Some overall impressions are that low levels of caffeine may enhance your high, potentially downplaying the amount of weed you need in your body. Vice versa, high caffeine levels could downplay your sensation of high, resulting in the need to smoke more weed than you’re supposed to or want to or have to.
CBD coffee
When it comes to THC, users are more likely to stick with smoking a blunt, vaping or chewing a space cookie to feel the compound's psychedelic effects. When it comes to CBD, the cannabis compound with non-psychoactive effects, it’s becoming an increasingly common way to consume it added in coffee.
So, over the last few years, CBD coffee has become one of the most unique ways to consume CBD. The combo of the two is supposed to give the alertness of coffee minus the jitters. That CBD coffee is witnessing a boom speaks a long list of CBD coffee brands available on the market.
Some of these include the Strava Craft coffee, which has as little as 10 mg of CBD, has two different flavours - milk chocolate and black cherry - and goes as whole bean or ground. Or it could have as much as 25 mg of CBD, such as in the brand Chill CBD coffee, which comes in different flavour pods, including nuts, chocolate and ripe fruit.
What may surprise you is that CBD can sometimes be quite stimulating when taken in small doses. It just may be enough to overstimulate some drinkers, giving them the headache, so to speak. Spacing out the doses of CBD coffee, like taking your second cup three-four hours after the first one, may significantly help avoid unwanted or contra effects such as headaches.
When not to drink CBD coffee?
When it comes to those who seek CBD to treat conditions like anxiety, a cup of CBD coffee might just cause them more damage than helping them out.
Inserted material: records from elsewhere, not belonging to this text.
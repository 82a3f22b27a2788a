-- ===== src/Prelude/Text/Hex.antt =====
-- The digits of `encoding/hex`, read back.
use Prim.Native.Char.{Char, code}
use Prim.Native.Nat.{ℕ, zero, suc, ◌+◌, ◌-◌, ◌*◌, ◌/◌, ◌%◌, ◌<◌}
use Prim.Native.String.{String, ◌++◌}
use mathlib.Core.List.{List, [], ◌∷◌}
use mathlib.Core.Path.{◌≡◌, refl, ◌∙◌}
use native.Mathlib.Omega.{arith}
use text.Mathlib.TextLemmas.{cons-append, nil-append}
use upgrade_controller.Prelude.Tests.{ltb, if◌then◌else◌}
use upgrade_controller.Prelude.Lists.{All, length}
use upgrade_controller.Prelude.Text.{hex_digit_of, hex_digit, encode_hex}

-- the value of a digit
abbrev digit_value : Char → ℕ
digit_value c = if ltb (code c) 58 then code c - 48 else code c - 87

-- the bytes of which a text is the digits
unfoldable pub decode_hex : String → List ℕ
decode_hex String.[] = []
decode_hex (String.◌∷◌ high String.[]) = []
decode_hex (String.◌∷◌ high (String.◌∷◌ low rest)) =
    (digit_value high * 16 + digit_value low) ∷ decode_hex rest

-- the number of characters
unfoldable pub text_length : String → ℕ
text_length String.[] = 0
text_length (String.◌∷◌ c s) = suc (text_length s)

-- The values of the characters count up from `n`.
abbrev AreDigits : ℕ → String → Type 0
AreDigits n String.[] = Unit
AreDigits n (String.◌∷◌ c s) = (digit_value c ≡ n) × AreDigits (suc n) s

record DigitOf (table : String) (index value : ℕ) : Type 0 where
  digit : Char
  text_lem : hex_digit_of table index ≡ String.◌∷◌ digit ""
  value_lem : digit_value digit ≡ value

digit_of :
    (table : String) (first index : ℕ)
    → AreDigits first table
    → index < text_length table
    → DigitOf table index (first + index)
unfolding text_length hex_digit_of
digit_of String.[] first index digits few = ground arith
digit_of (String.◌∷◌ c s) first zero (value, digits) few = record {
  digit = c;
  text_lem = refl;
  value_lem = value ∙ ground arith;
}
digit_of (String.◌∷◌ c s) first (suc index) (value, digits) few =
    let d = digit_of s (suc first) index digits (ground arith) in
    record { digit = d.digit; text_lem = d.text_lem; value_lem = d.value_lem ∙ ground arith }

hex_digits : AreDigits 0 "0123456789abcdef"
hex_digits = (
  refl,
  (
    refl,
    (
      refl,
      (
        refl,
        (
          refl,
          (
            refl,
            (refl, (refl, (refl, (refl, (refl, (refl, (refl, (refl, (refl, (refl, tt)))))))))),
          ),
        ),
      ),
    ),
  ),
)

hex_digit-DigitOf : (n : ℕ) → n < 16 → DigitOf "0123456789abcdef" n n
unfolding text_length
hex_digit-DigitOf n few =
    let d = digit_of "0123456789abcdef" 0 n hex_digits few in
    record { digit = d.digit; text_lem = d.text_lem; value_lem = d.value_lem ∙ ground arith }

-- Two digits of a byte, and those of the bytes behind it.
pub decode_hex-encode_hex :
    (bytes : List ℕ)
    → All (λ b. b < 256) bytes
    → (decode_hex (encode_hex bytes) ≡ bytes) × (text_length (encode_hex bytes) ≡ 2 * length bytes)
unfolding decode_hex encode_hex hex_digit text_length
decode_hex-encode_hex [] small = (refl, refl)
decode_hex-encode_hex (b ∷ bytes) (is_byte, small) =
    let high = hex_digit-DigitOf (b / 16) (ground arith) in
    let low = hex_digit-DigitOf (b % 16) (ground arith) in
    let (same, count) = decode_hex-encode_hex bytes small in
    let text : encode_hex (b ∷ bytes)
        ≡ String.◌∷◌ high.digit (String.◌∷◌ low.digit (encode_hex bytes)) =
      rw
        (
          high.text_lem,
          low.text_lem,
          cons-append high.digit "" (String.◌∷◌ low.digit "" ++ encode_hex bytes),
          cons-append low.digit "" (encode_hex bytes),
        )
        (rw (nil-append, nil-append) refl) in
    let value : digit_value high.digit * 16 + digit_value low.digit ≡ b =
      rw (high.value_lem, low.value_lem) (ground arith) in
    rw text (rw (value, same) refl, ground arith)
Caffeine can make anxiety worse, quashing the soothing effects of CBD.
Neither is CBD coffee the appropriate way to treat medical issues such as an autoimmune disorder where accurate CBD doses are critical for the compound’s efficacy to alleviate the health condition.
When a recent study looked at CBD stability in cannabis tea, it found that temperature affects CBD content, in terms that the milligram amount of CBD someone might need for treating their illness may not be consistent when served in a heated drink.
Those not wanting to risk with CBD coffee can consider the various other ways to consume medical cannabis, like vaping or getting some bear gummies. For the healthy person who enjoys a cup of CBD coffee or another brew, it should be no issue, as long as you space out the doses.